When a suitable topology is already known, it’s better to use simpler representations.
Dynamic neural networks are hard to train and evolutionary algorithms have been used for this with success.
Continuous-time recurrent neural networks (CTRNN): represents the neural network as a set of differential equations. One of the most simple and widely used dynamic models.
Spiking neuron models: in biological neurons, the number of spikes, or neurons received, is proportional to the activation. It is used for decreasing the use of computational resources. It is implemented similarly to CTRNN, replacing the output function for a comparison with the threshold value. When the activation is higher than the threshold, a spike is emitted. Research suggests that this is a useful model for tasks with memory dependent dynamics, resulting in less complex solutions.
It is possible to combine evolutionary algorithms with other searching methods. Since backpropagation is sensitive to initial weight values, one can use evolution to come up with an ideal starting point. Better initial values may result in faster and better training, by two orders of magnitude.
Lamarckian evolution – characters acquired through learning are coded back into the genotype – is more effective than Darwinian – are not coded back – in environments where input-output mapping does not change over time. When they change, Darwinian outperform Lamarckian.
Reinforcement learning: a class of algorithms that seeks to estimate the value of each state so it can favor actions generating a higher reward. The biological system responsible for this is yet to be fully understood.
The actor-critic model: the critic module receives information on the current reinforcement value, external, outputting an estimate of the weighted sum of future rewards. The actor module, on the other end, is the probability of executing a set of actions. Finding the optimal structure, by default, depends a lot on the human designing the model.

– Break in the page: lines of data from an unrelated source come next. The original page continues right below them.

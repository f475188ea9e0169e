-- ===== src/FsEntryInfo/Writes.antt =====
-- FSEntryInfo::writeToStream and writeCompressedLength.
use drop_file.Socket.Header.{length-le_bytes}
use drop_file.Outcome.{done}
use drop_file.FsEntryInfo.{
  cannot_write, thrown, header_size, path_max_len, le_bytes, FsEntryInfo, write_compressed_length,
  write_to_stream,
}
use drop_file.Common.{
  ℕ, ◌+◌, ◌≤◌, ◌<◌, ◌≡◌, refl, sym, ap, ◌∙◌, ◌++◌, append-nil, append_assoc, arith, lt→ltb,
  le→ltb_false, Bytes, length, take, drop, length-append, take_all, drop_all, drop-drop, take_front,
  drop_front,
}
use drop_file.Streams.{OutputStream, write}
use drop_file.FsEntryInfo.Format.{entry_header, entry_header-append}

abbrev pub IsAtEnd : OutputStream → Type 0
IsAtEnd s = s.position ≡ length s.content

-- The stream after `d` was written at its end.
abbrev pub appended : Bytes → OutputStream → OutputStream
appended d s = record { content = s.content ++ d; position = s.position + length d }

pub appended-IsAtEnd : (d : Bytes) (s : OutputStream) → IsAtEnd s → IsAtEnd (appended d s)
appended-IsAtEnd d s h = omega (arith, length-append s.content d)

pub appended-appended :
    (a b : Bytes) (s : OutputStream) → appended b (appended a s) ≡ appended (a ++ b) s
appended-appended a b s = ground (arith, append_assoc s.content a b, length-append a b)

pub write-appended : (d : Bytes) (s : OutputStream) → IsAtEnd s → write d s ≡ done tt (appended d s)
unfolding write
write-appended d s h =
    rw
      (
        take_all s.position s.content (omega arith),
        drop_all (s.position + length d) s.content (omega arith),
        append-nil d,
      )
      refl

-- Writing over a part of the same length.
write-over :
    (a b c d : Bytes) (s : OutputStream)
    → s.content ≡ a ++ (b ++ c)
    → s.position ≡ length a
    → length b ≡ length d
    → write d s ≡ done tt (record { content = a ++ (d ++ c); position = s.position + length d })
unfolding write
write-over a b c d s e at len =
    let front : take s.position s.content ≡ a =
      ap (take s.position) e ∙ take_front a (b ++ c) s.position (sym at) in
    let back : drop (s.position + length d) s.content ≡ c =
      sym (drop-drop (length d) s.position s.content)
      ∙ ap (λ x. drop (length d) (drop s.position x)) e
      ∙ ap (drop (length d)) (drop_front a (b ++ c) s.position (sym at))
      ∙ drop_front b c (length d) len in
    rw (front, back) refl

module _ (format_number : ℕ → Bytes) where
  -- At the end of a stream, an entry whose path is not too long is written as its header, and the
  -- result is the place of the last 8 bytes of that.
  pub write_to_stream-entry_header :
      (e : FsEntryInfo) (s : OutputStream)
      → length e.relative_path ≤ path_max_len
      → IsAtEnd s
      → write_to_stream format_number e s
        ≡ done (s.position + 9 + length e.relative_path) (appended (entry_header e) s)
  unfolding write_to_stream entry_header
  write_to_stream-entry_header e s fits end =
      let d = le_bytes 1 e.is_directory in
      let n = le_bytes header_size (length e.relative_path) in
      let c = le_bytes header_size e.compressed_length in
      let s1 = appended d s in
      let s2 = appended n s1 in
      let s3 = appended e.relative_path s2 in
      let end1 = appended-IsAtEnd d s end in
      let end2 = appended-IsAtEnd n s1 end1 in
      let end3 = appended-IsAtEnd e.relative_path s2 end2 in
      let place : s3.position ≡ s.position + 9 + length e.relative_path =
        omega
          (arith, length-le_bytes 1 e.is_directory, length-le_bytes 8 (length e.relative_path)) in
      rw
        (
          write-appended d s end,
          le→ltb_false path_max_len (length e.relative_path) fits,
          write-appended n s1 end1,
          write-appended e.relative_path s2 end2,
          write-appended c s3 end3,
        )
        (ap (λ p. done p (appended c s3)) place
          ∙ ap (done (s.position + 9 + length e.relative_path)) (
              appended-appended e.relative_path c s2
              ∙ appended-appended n (e.relative_path ++ c) s1
              ∙ appended-appended d (n ++ (e.relative_path ++ c)) s))

  -- A path that is too long is refused, but the byte before it is written already.
  pub write_to_stream_too_long :
      (e : FsEntryInfo) (s : OutputStream)
      → path_max_len < length e.relative_path
      → IsAtEnd s
      → write_to_stream format_number e s
        ≡ thrown
            (cannot_write format_number (length e.relative_path))
            (appended (le_bytes 1 e.is_directory) s)
  unfolding write_to_stream
  write_to_stream_too_long e s long end =
      rw
        (
          write-appended (le_bytes 1 e.is_directory) s end,
          lt→ltb path_max_len (length e.relative_path) long,
        )
        refl

-- The header up to the compressed length.
abbrev header_front : FsEntryInfo → Bytes
header_front e =
    le_bytes 1 e.is_directory ++ (le_bytes header_size (length e.relative_path) ++ e.relative_path)

length-header_front : (e : FsEntryInfo) → length (header_front e) ≡ 9 + length e.relative_path
length-header_front e = omega (
  arith,
  length-append (le_bytes 1 e.is_directory)
      (le_bytes header_size (length e.relative_path) ++ e.relative_path),
  length-append (le_bytes header_size (length e.relative_path)) e.relative_path,
  length-le_bytes 1 e.is_directory,
  length-le_bytes 8 (length e.relative_path),
)

header_split :
    (e : FsEntryInfo) (before behind : Bytes)
    → before ++ (entry_header e ++ behind)
      ≡ (before ++ header_front e) ++ (le_bytes header_size e.compressed_length ++ behind)
header_split e before behind =
    let d = le_bytes 1 e.is_directory in
    let m = le_bytes header_size (length e.relative_path) in
    let end = le_bytes header_size e.compressed_length ++ behind in
    ap (◌++◌ before) (
      entry_header-append e behind
      ∙ ap (◌++◌ d) (sym (append_assoc m e.relative_path end))
      ∙ sym (append_assoc d (m ++ e.relative_path) end))
    ∙ sym (append_assoc before (header_front e) end)

-- The compressed length in the header of an entry is replaced, and nothing else changes.
pub write_compressed_length_lem :
    (e : FsEntryInfo) (n : ℕ) (before data' : Bytes) (s : OutputStream)
    → s.content ≡ before ++ (entry_header e ++ data')
    → write_compressed_length (length before + 9 + length e.relative_path) n s
      ≡ done tt (record {
        content = before ++ (entry_header (record e { compressed_length = n }) ++ data');
        position = length s.content;
      })
unfolding write_compressed_length
write_compressed_length_lem e n before data' s at =
    let patched = record e { compressed_length = n } in
    let front = before ++ header_front e in
    let old = le_bytes header_size e.compressed_length in
    let new = le_bytes header_size n in
    let pos = length before + 9 + length e.relative_path in
    let here : pos ≡ length front =
      omega (arith, length-append before (header_front e), length-header_front e) in
    let cut : s.content ≡ front ++ (old ++ data') = at ∙ header_split e before data' in
    let glue : front ++ (new ++ data') ≡ before ++ (entry_header patched ++ data') =
      sym (header_split patched before data') in
    let sizes : length old ≡ length new =
      length-le_bytes 8 e.compressed_length ∙ sym (length-le_bytes 8 n) in
    let size : length (front ++ (new ++ data')) ≡ length s.content = omega (
      arith,
      ap length cut,
      sizes,
      length-append front (old ++ data'),
      length-append front (new ++ data'),
      length-append old data',
      length-append new data',
    ) in
    rw (write-over front old data' new (record s { position = pos }) cut here sizes) (
      ap (λ k. done tt (record { content = front ++ (new ++ data'); position = k })) size
      ∙ ap (λ x. done tt (record { content = x; position = length s.content })) glue)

GasNets emulate the behavior of gases. Neurons are distributed in a 2D space, emitting “gases” that will represent the network connectivity and activation functions.
In contrary to many other learning methods, neuroevolution require weaker constraints from the problem.

Thoughts

An extensive research showing how evolutionary algorithms may stand as a smarter alternative to Grid Search.
With 91 references, it should be expected to cover many different research and topics inside the Neuroevolution subject. It is hard to grasp everything on the first read, but it seems to be a useful reference when I want to return to the subject and go deeper in any of the topics.
Methods such as those using developmental representations look very similar to how a human brain works, with other existing structures. Allows for a network to connect to another, more specialized in the task it needs to perform for specific cases.
I am not sure why, if it’s because it’s a reflection of the writing or just the complexity of this approach, but the explanation for the developmental representation – a little of implicit encoding, too – seems not to be enough. References should have better descriptions of these methods.